Никто не противоречил ему. И при дворе и в городе об этом почти не
шептались; все были ошеломлены дерзостью короля. Со своей возлюбленной желает
он красоваться перед нами и перед простым людом. До всех других дворов и
народов долетит весть, что король сделал свою подругу участницей такого
торжества и решил возвысить ее до себя. На первую ступень трона прекрасная
д’Эстре уже поднялась, подарив королю сына. Вспомнить только, что за пятьдесят
лет ни один король Франции не дал такого доказательства своей мужской силы!
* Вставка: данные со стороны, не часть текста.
-- ===== src/Content/Copy/Laws.antt =====
-- Content::copyToDestination: what a file that arrived leaves at its two ends, and when a revision
-- file is replaced.
use mediaupdater.Base.{
  ◌≡◌, ◌≢◌, String, true, false, some, arith, Option-cases, inl, inr, string_eq,
}
use mediaupdater.Base.Int.{pos, int_eq}
use mediaupdater.Qt.{Qt, IsLawful}
use mediaupdater.Station.{Station}
use mediaupdater.Content.{is_revision, ContentInfo, Content}
use mediaupdater.Content.Copy.{
  source_of, target_of, target_dir, transfer, revision_changed, copy_one, text_or_empty,
}
use mediaupdater.Check.{check_storage, mark_key, trust, remove, check_rev, rev_storage}

module _ (Q : Qt) (L : IsLawful Q) (st : Station) (c : Content) (info : ContentInfo) where
  abbrev source : String
  source = source_of c info

  abbrev target : String
  target = target_of c info

  read-remove :
      (path : String) (w : Q.World)
      → path ≢ check_storage Q st c.box_id
      → Q.read path (remove Q st c.box_id info w) ≡ Q.read path w
  unfolding remove
  read-remove path w h =
      L.read-remove_setting (check_storage Q st c.box_id) (mark_key Q st c.box_id info) path w h

  trust-remove : (w : Q.World) → trust Q st c.box_id info (remove Q st c.box_id info w) ≡ false
  unfolding trust remove
  trust-remove w = ground (
    arith,
    L.setting-remove_setting (check_storage Q st c.box_id) (mark_key Q st c.box_id info) w,
  )

  transfer_arrives :
      (w : Q.World)
      → source ≢ target
      → target ≢ check_storage Q st c.box_id
      → (transfer Q st c info w).1 ≡ true
      → (Q.read target (transfer Q st c info w).0 ≡ Q.read source w)
        × (trust Q st c.box_id info (transfer Q st c info w).0 ≡ false)
  unfolding transfer
  transfer_arrives w apart kept ok =
      let gone = (Q.remove_file target w).0 in
      ground (
        arith,
        L.read-remove_file target source w apart,
        L.read-rename_file source target w,
        L.read-rename_file source target gone,
        L.read-copy_file source target w,
        L.read-copy_file source target gone,
        read-remove target (Q.rename_file source target w).0 kept,
        read-remove target (Q.rename_file source target gone).0 kept,
        read-remove target (Q.copy_file source target w).0 kept,
        read-remove target (Q.copy_file source target gone).0 kept,
        trust-remove (Q.rename_file source target w).0,
        trust-remove (Q.rename_file source target gone).0,
        trust-remove (Q.copy_file source target w).0,
        trust-remove (Q.copy_file source target gone).0,
      )

  -- A file that arrived reads at its target as it read at its source before, and its mark is
  -- gone, if its source is not its target and its target is not the store of the marks.
  pub copy_one_arrives :
      (w : Q.World)
      → source_of c info ≢ target_of c info
      → target_of c info ≢ check_storage Q st c.box_id
      → (copy_one Q st c info w).1 ≡ true
      → let w' = (copy_one Q st c info w).0 in
        (Q.read (target_of c info) w' ≡ Q.read (source_of c info) w)
        × (trust Q st c.box_id info w' ≡ false)
  unfolding copy_one
  copy_one_arrives w apart kept ok =
      let made = Q.mkpath (target_dir c info) w in
      ground (arith, transfer_arrives made apart kept, L.read-mkpath (target_dir c info) source w)

  revision_changed_cases :
      (w : Q.World)
      → revision_changed Q st c.box_id source target w ≡ true
      → (check_rev Q st c.box_id (Q.file_name source) w ≡ pos 1)
        × ((new : String) × (Q.read source w ≡ some new)
            × (new ≢ text_or_empty Q st (Q.read target w)))
  unfolding revision_changed
  revision_changed_cases w h = elim (Option-cases (Q.read source w)) [
    | inl e ↦ absurd (ground arith)
    | inr (new, e) ↦ (ground arith, (new, e, ground arith))
  ]

  -- A revision file arrives only if its download is recorded as whole, and it can be read and
  -- differs from the current file, or from the empty text where that cannot be read.
  pub copy_one_revision :
      (w : Q.World)
      → is_revision c.content_type ≡ true
      → (copy_one Q st c info w).1 ≡ true
      → (check_rev Q st c.box_id (Q.file_name (source_of c info)) w ≡ pos 1)
        × ((new : String) × (Q.read (source_of c info) w ≡ some new)
            × (new ≢ text_or_empty Q st (Q.read (target_of c info) w)))
  unfolding copy_one check_rev
  copy_one_revision w rev ok =
      let made = Q.mkpath (target_dir c info) w in
      let (whole, (new, e, differs)) = revision_changed_cases made (ground arith) in
      (
        ground (
          arith,
          L.setting-mkpath (target_dir c info) (rev_storage Q st c.box_id) (Q.file_name source) w,
        ),
        (
          new,
          ground (arith, L.read-mkpath (target_dir c info) source w),
          ground (arith, L.read-mkpath (target_dir c info) target w),
        ),
      )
На
вторую ступень прекрасная д’Эстре тоже занесла ногу. Надо быть настороже и дать
отпор! Надо держаться дружно, а то можно в самом деле получить в королевы
уроженку своей страны.
Таково было ходячее мнение. В сущности, с ним соглашались все, даже и сама
Габриель. Ей было не по себе, особенно накануне торжественного въезда, ее
возлюбленный повелитель назначил его на пятнадцатое сентября. Четырнадцатого
тетка де Сурди почти ее не покидала. Госпожа де Сурди сама примеряла на нее
все, что она завтра должна надеть: платье, драгоценности, блеск и богатство,
достойные государыни, а для простых смертных небывалые.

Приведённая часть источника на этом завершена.